Title: EVALUATION OF STEM STRENGTH OF ALFALFA (MEDICAGO SATIVA L.) GENOTYPES

Author
item AMES, N - PRC-AGRIC. CANADA
item MCELROY, A - PRC-AGRIC. CANADA
item Akin, Danny
item Lyon, Clyde

Submitted to: Animal Feed Science and Technology
Publication Type: Peer Reviewed Journal
Publication Acceptance Date: 1/7/1996
Publication Date: N/A
Citation: N/A

Interpretive Summary: Physical properties of plant biomass influence feed breakdown of plant stems and thereby limit efficient utilization of feeds by cattle and sheep and increase feeding costs.
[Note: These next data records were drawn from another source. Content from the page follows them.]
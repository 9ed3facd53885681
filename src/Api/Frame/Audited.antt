-- ===== src/Api/Frame/Audited.antt =====
-- Every operation satisfies a frame, and the audit log as the frame that shows it.
use tree_ring_memory.Prelude.{
  String, ◌≡◌, refl, sym, ap, ◌∙◌, inl, inr, Bool, Option, none, some, List, [], ◌∷◌, ◌++◌,
  Bool-cases, ok-injective, >>=-eq-ok, ok,
}
use tree_ring_memory.Event.{MemoryEvent}
use tree_ring_memory.Externals.{Externals}
use tree_ring_memory.Store.{Store, AuditRow}
use tree_ring_memory.Sensitivity.{check_or_raise, default_guard}
use tree_ring_memory.Store.Write.{
  put_in_transaction, redact_found, supersede_found, select_event, delete_in_transaction,
  redact_in_transaction, supersede_in_transaction,
}
use tree_ring_memory.Store.Write.Inversion.{put-eq-ok}
use tree_ring_memory.Policy.{
  WriteContext, AuthorizationOutcome, allowed, denied, is_unrestricted, validate_optional_label,
  insert_audit,
}
use tree_ring_memory.Api.Admin.{
  enable_coordinated_policy, grant_enabled, enable_policy, grant_rotated, rotate_policy_capability,
  disabled, rotate_coordinator_capability, disable_coordinated_policy,
}
use tree_ring_memory.Api.Maintain.{rebuild_fts, order_by_created, collect_rows}
use tree_ring_memory.Api.History.{
  Operation, call_put, call_put_idempotent, call_put_many, call_supersede, call_delete, call_redact,
  call_change_ring, call_import, call_maintain, call_enable, call_rotate, call_disable,
  call_consolidate, commit, run,
}
use tree_ring_memory.Api.Invariant.Single.{first_eq}
use tree_ring_memory.Api.Frame.{
  IsFrame, authorized, action_frame, put_frame, idempotent_frame, supersede_frame, delete_frame,
  redact_frame, ring_frame,
}
use tree_ring_memory.Api.Frame.Consolidated.{consolidate_frame}
use tree_ring_memory.Api.Frame.Many.{checked_frame, many_frame, import_frame, maintain_frame}

module _ (env : Externals) (R : Store → Store → Type 0) (f : IsFrame env R) where
  module _ (now : String) (context : WriteContext) where
    enable_frame :
        (label : Option String) (capability : String) (s : Store)
        → R s (enable_coordinated_policy env now context label capability s).0
    unfolding enable_coordinated_policy enable_policy grant_enabled
    enable_frame label capability s =
        checked_frame env R f (validate_optional_label env label) s _
          (elim (Bool-cases (is_unrestricted s.policy.mode)) [
            | inl free ↦ rw free (
                f.chain s _ _ (f.policy_step s _) (
                  f.audit_step now context "policy_enable" "allowed" "coordinated_policy_enabled"
                    none _))
            | inr closed ↦ rw closed (f.audit_step now context "policy_enable" "denied" _ none s)
          ])

    rotate_frame :
        (label : Option String) (capability : String) (s : Store)
        → R s (rotate_coordinator_capability env now context label capability s).0
    unfolding rotate_coordinator_capability rotate_policy_capability
    rotate_frame label capability s =
        checked_frame env R f (validate_optional_label env label) s _
          (elim (Bool-cases (is_unrestricted s.policy.mode)) [
            | inl free ↦ rw free (f.audit_step now context "policy_rotate" "denied" _ none s)
            | inr closed ↦
                rw closed
                  (granted _ (authorized env R f now context "policy_rotate" none s.policy s))
          ])
      where
        granted :
            (auth : AuthorizationOutcome × Store)
            → R s auth.1
            → R s (grant_rotated env now context label capability auth).0
        granted (denied error, after) k = unfold grant_rotated in k
        granted (allowed, after) k =
            unfold grant_rotated in f.chain s after _ k (f.policy_step after _)

    disable_frame : (s : Store) → R s (disable_coordinated_policy env now context s).0
    unfolding disable_coordinated_policy
    disable_frame s = closed _ (action_frame env R f now context "policy_disable" none s)
      where
        closed :
            (auth : AuthorizationOutcome × Store)
            → R s auth.1
            → R s (disabled env now context auth).0
        closed (denied error, after) k = unfold disabled in k
        closed (allowed, after) k = unfold disabled in f.chain s after _ k (f.policy_step after _)

  pub commit_frame : (o : Operation) (s : Store) → R s (commit env o s)
  unfolding commit
  commit_frame (call_put now k e) s = put_frame env R f now k e s
  commit_frame (call_put_idempotent now k e) s = idempotent_frame env R f now k e s
  commit_frame (call_put_many now k es guard) s = many_frame env R f now k es guard s
  commit_frame (call_supersede now k old_id new_id) s =
      supersede_frame env R f now k old_id new_id s
  commit_frame (call_delete now k id) s = delete_frame env R f now k id s
  commit_frame (call_redact now k id) s = redact_frame env R f now k id s
  commit_frame (call_change_ring now k id ring event_type) s =
      ring_frame env R f now k id ring event_type s
  commit_frame (call_import now k es dry replace) s = import_frame env R f now k es dry replace s
  commit_frame (call_maintain now k request instant id) s =
      maintain_frame env R f now k request instant id s
  commit_frame (call_enable now k label capability) s = enable_frame now k label capability s
  commit_frame (call_rotate now k label capability) s = rotate_frame now k label capability s
  commit_frame (call_disable now k) s = disable_frame now k s
  commit_frame (call_consolidate now k made id instant request) s =
      consolidate_frame env R f now k made id instant request s

  -- What every step satisfies holds between the ends of a history.
  pub run_frame : (os : List Operation) (s : Store) → R s (run env os s)
  unfolding run
  run_frame [] s = f.same s
  run_frame (o ∷ os) s =
      f.chain s (commit env o s) (run env os (commit env o s)) (commit_frame o s)
        (run_frame os (commit env o s))

-- The audit log has the rows that it had, in their order, and perhaps new ones after them.
abbrev pub IsLonger : Store → Store → Type 0
IsLonger s s' = (rows : List AuditRow) × (s'.authorization_audit ≡ s.authorization_audit ++ rows)

nil_right : (xs : List AuditRow) → xs ++ [] ≡ xs
nil_right [] = refl
nil_right (x ∷ xs) = ap (◌∷◌ x) (nil_right xs)

append_assoc : (xs ys zs : List AuditRow) → (xs ++ ys) ++ zs ≡ xs ++ (ys ++ zs)
append_assoc [] ys zs = refl
append_assoc (x ∷ xs) ys zs = ap (◌∷◌ x) (append_assoc xs ys zs)

unchanged : (s s' : Store) → s'.authorization_audit ≡ s.authorization_audit → IsLonger s s'
unchanged s s' h = ([], h ∙ sym (nil_right s.authorization_audit))

module _ (env : Externals) where
  redacted_log :
      (s s' : Store) (now : String) (o : Option MemoryEvent) (b : Bool)
      → redact_found env s now o ≡ ok (s', b)
      → s'.authorization_audit ≡ s.authorization_audit
  unfolding redact_found
  redacted_log s s' now none b h = ap (λ (x : Store). x.authorization_audit) (sym (first_eq h))
  redacted_log s s' now (some e) b h =
      let (s1, wrote, rest) = >>=-eq-ok (put_in_transaction env s _) _ h in
      ap (λ (x : Store). x.authorization_audit) (sym (first_eq rest))
      ∙ (put-eq-ok env s _ wrote).authorization_audit

  superseded_log :
      (s : Store) (new_id : String) (o : Option MemoryEvent)
      → (supersede_found env s new_id o).0.authorization_audit ≡ s.authorization_audit
  unfolding supersede_found
  superseded_log s new_id none = refl
  superseded_log s new_id (some e) = refl

  log-IsFrame : IsFrame env IsLonger
  unfolding redact_in_transaction supersede_in_transaction delete_in_transaction rebuild_fts
      insert_audit
  log-IsFrame = record {
    same = λ s. unchanged s s refl;
    chain = λ s t u a b. (
      a.0 ++ b.0,
      b.1
          ∙ ap (λ (rows : List AuditRow). rows ++ b.0) a.1
          ∙ append_assoc s.authorization_audit a.0 b.0,
    );
    put_step = λ s s' e h. unchanged s s' (put-eq-ok env s e h).authorization_audit;
    redact_step = λ s s' now id b h.
        let (o, read, rest) = >>=-eq-ok (select_event env id s) _ h in
        unchanged s s' (redacted_log s s' now o b rest);
    supersede_step = λ s s' old_id new_id b h.
        let (r, checked, rest) = >>=-eq-ok (check_or_raise env default_guard new_id) _ h in
        let (o, read, end) = >>=-eq-ok (select_event env old_id s) _ rest in
        unchanged s s' (
          ap (λ (x : Store). x.authorization_audit) (sym (first_eq end))
          ∙ superseded_log s new_id o);
    delete_step = λ s id. unchanged s (delete_in_transaction env s id).0 refl;
    rebuild_step = λ s s' h.
        let (es, read, end) = >>=-eq-ok (collect_rows env (order_by_created s.memories)) _ h in
        unchanged s s' (ap (λ (x : Store). x.authorization_audit) (sym (ok-injective end)));
    audit_step = λ now context action decision reason target s. (_, refl);
    policy_step = λ s p. unchanged s (record s { policy = p }) refl;
    record_step = λ s rows. unchanged s (record s { consolidations = rows }) refl;
  }

  -- The audit log only grows: whatever operations of `Operation` are called, in whatever order and
  -- with whatever results, the rows that were there stay first and in their order.
  pub log-IsLonger : (os : List Operation) (s : Store) → IsLonger s (run env os s)
  log-IsLonger os s = run_frame env IsLonger log-IsFrame os s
Tests for objective analysis of these physical properties, and for measuring methods that could remove limitations and improve the value of animal feeds, are lacking. In a collaborative project, ,scientists of ARS and Agricultural Canada tested textural strength, which stimulates the result of animal chewing and particle breakdown, using an Instron universal measuring device. Results were compared for several alfalfa genotypes at several positions of the stem and after fermentation with various rumen microorganisms. Recommendations were developed for optimal measuring conditions of alfalfa stems, and factors most influential on textural strength were identified. Research is important for establishing objective tests for physical properties of plant stems which could be used by plant breeders and animal nutritionists for improving the quality of animal feed.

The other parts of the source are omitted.